Your goal: Taking the line that contains "find_text needle (c" as the starting point, give again exactly every line up to and including the last line of the records below.

### Exercise data ###

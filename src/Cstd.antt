-- ===== src/Cstd.antt =====
-- What the sources use of the C and C++ libraries on texts: `%d` of snprintf and sscanf, `find`,
-- `substr` and the character classes. A text is the list of its bytes.
pub mod Decimal
pub mod Finding
use flimg.Prelude.{
  ℕ, zero, suc, ◌+◌, ◌-◌, ◌*◌, ◌/◌, ◌%◌, ◌^◌, Bool, true, false, ◌&&◌, ◌||◌, List, [], ◌∷◌, ◌++◌,
  Option, none, some,
}
use flimg.Prelude.{ltb, leb, ◌==◌, if◌then◌else◌, drop}

-- A C `int`; `negsuc n` is -(n + 1).
pub data ℤ : Type 0 where
  pos : ℕ → ℤ
  negsuc : ℕ → ℤ

abbrev pub is_digit : ℕ → Bool
is_digit c = leb b'0' c && leb c b'9'

-- `isspace` in the C locale.
abbrev pub is_space : ℕ → Bool
is_space c = (leb 9 c && leb c 13) || c == b' '

print_digits : ℕ → ℕ → List ℕ
print_digits zero n = (b'0' + n % 10) ∷ []
print_digits (suc fuel) n =
    let front = print_digits fuel (n / 10) in
    if ltb n 10 then (b'0' + n) ∷ [] else front ++ ((b'0' + n % 10) ∷ [])

-- The digits of a number. There are at most `n` behind the first.
unfoldable pub print_nat : ℕ → List ℕ
unfolding print_digits
print_nat n = print_digits n n

-- `%d` of an `int`.
unfoldable pub print_int : ℤ → List ℕ
unfolding print_nat
print_int (pos n) = print_nat n
print_int (negsuc n) = b'-' ∷ print_nat (n + 1)

-- `(int)n` of a 64-bit size.
abbrev pub to_int : ℕ → ℤ
to_int n = let m = n % 2 ^ 32 in if ltb m (2 ^ 31) then pos m else negsuc (2 ^ 32 - 1 - m)

-- The digits of a `%d` conversion, behind the value read so far.
unfoldable pub scan_digits : ℕ → List ℕ → ℕ
scan_digits acc [] = acc
scan_digits acc (c ∷ cs) = if is_digit c then scan_digits (acc * 10 + (c - b'0')) cs else acc

negate : ℕ → ℤ
negate zero = pos zero
negate (suc n) = negsuc n

abbrev pub starts_with_digit : List ℕ → Bool
starts_with_digit [] = Bool.false
starts_with_digit (c ∷ cs) = is_digit c

-- An optional sign, then at least one digit. Values outside `int` are undefined in C.
scan_signed : List ℕ → Option ℤ
unfolding negate scan_digits
scan_signed [] = none
scan_signed (c ∷ cs) =
    if is_digit c
    then some (pos (scan_digits 0 (c ∷ cs)))
    else if (c == b'-' || c == b'+') && starts_with_digit cs
    then if c == b'-' then some (negate (scan_digits 0 cs)) else some (pos (scan_digits 0 cs))
    else none

unfoldable pub skip_spaces : List ℕ → List ℕ
skip_spaces [] = []
skip_spaces (c ∷ cs) = if is_space c then skip_spaces cs else c ∷ cs

-- `sscanf(s, "%d", &x)`: `none` when nothing is converted. A number that exceeds an `int` is
-- undefined in C, and kept whole here.
unfoldable pub scan_int : List ℕ → Option ℤ
unfolding skip_spaces scan_signed
scan_int s = scan_signed (skip_spaces s)

-- `s.find(c)`: the position of the first `c`.
unfoldable pub find_char : ℕ → List ℕ → Option ℕ
find_char c [] = none
find_char c (x ∷ xs) =
    if x == c then some 0 else elim (find_char c xs) [ none ↦ none | some i ↦ some (suc i) ]

-- `%Ns`: at most `limit` characters up to a blank or the end of the C string, and what follows.
unfoldable pub take_word : ℕ → List ℕ → List ℕ × List ℕ
take_word zero s = ([], s)
take_word (suc limit) [] = ([], [])
take_word (suc limit) (c ∷ cs) =
    let more = take_word limit cs in
    if is_space c || c == 0 then ([], c ∷ cs) else (c ∷ more.0, more.1)

-- The text behind the number that `%d` reads.
unfoldable pub drop_digits : List ℕ → List ℕ
drop_digits [] = []
drop_digits (c ∷ cs) = if is_digit c then drop_digits cs else c ∷ cs

unfoldable pub drop_sign : List ℕ → List ℕ
drop_sign [] = []
drop_sign (c ∷ cs) = if c == b'-' || c == b'+' then cs else c ∷ cs

-- `%d` in a format with more behind it.
unfoldable pub scan_int_rest : List ℕ → Option (ℤ × List ℕ)
scan_int_rest s = elim (scan_int s) [
  | none ↦ none
  | some z ↦ some (z, drop_digits (drop_sign (skip_spaces s)))
]

-- `find` of a text, from a position on.
unfoldable pub starts_with : List ℕ → List ℕ → Bool
starts_with [] s = true
starts_with (n ∷ ns) [] = false
starts_with (n ∷ ns) (c ∷ cs) = (n == c) && starts_with ns cs

unfoldable pub find_text : List ℕ → List ℕ → Option ℕ
find_text needle [] = if starts_with needle [] then some 0 else none
find_text needle (c ∷ cs) =
    if starts_with needle (c ∷ cs)
    then some 0
    else elim (find_text needle cs) [ none ↦ none | some p ↦ some (suc p) ]

-- A position that was found in the text behind the first `n` bytes.
unfoldable pub found_behind : ℕ → Option ℕ → Option ℕ
found_behind n none = none
found_behind n (some p) = some (n + p)

-- The text of a C string.
unfoldable pub c_str : List ℕ → List ℕ
c_str [] = []
c_str (c ∷ cs) = if c == 0 then [] else c ∷ c_str cs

###

Problem solution:
find_text needle (c ∷ cs) =
    if starts_with needle (c ∷ cs)
    then some 0
    else elim (find_text needle cs) [ none ↦ none | some p ↦ some (suc p) ]

-- A position that was found in the text behind the first `n` bytes.
unfoldable pub found_behind : ℕ → Option ℕ → Option ℕ
found_behind n none = none
found_behind n (some p) = some (n + p)

-- The text of a C string.
unfoldable pub c_str : List ℕ → List ℕ
c_str [] = []
c_str (c ∷ cs) = if c == 0 then [] else c ∷ c_str cs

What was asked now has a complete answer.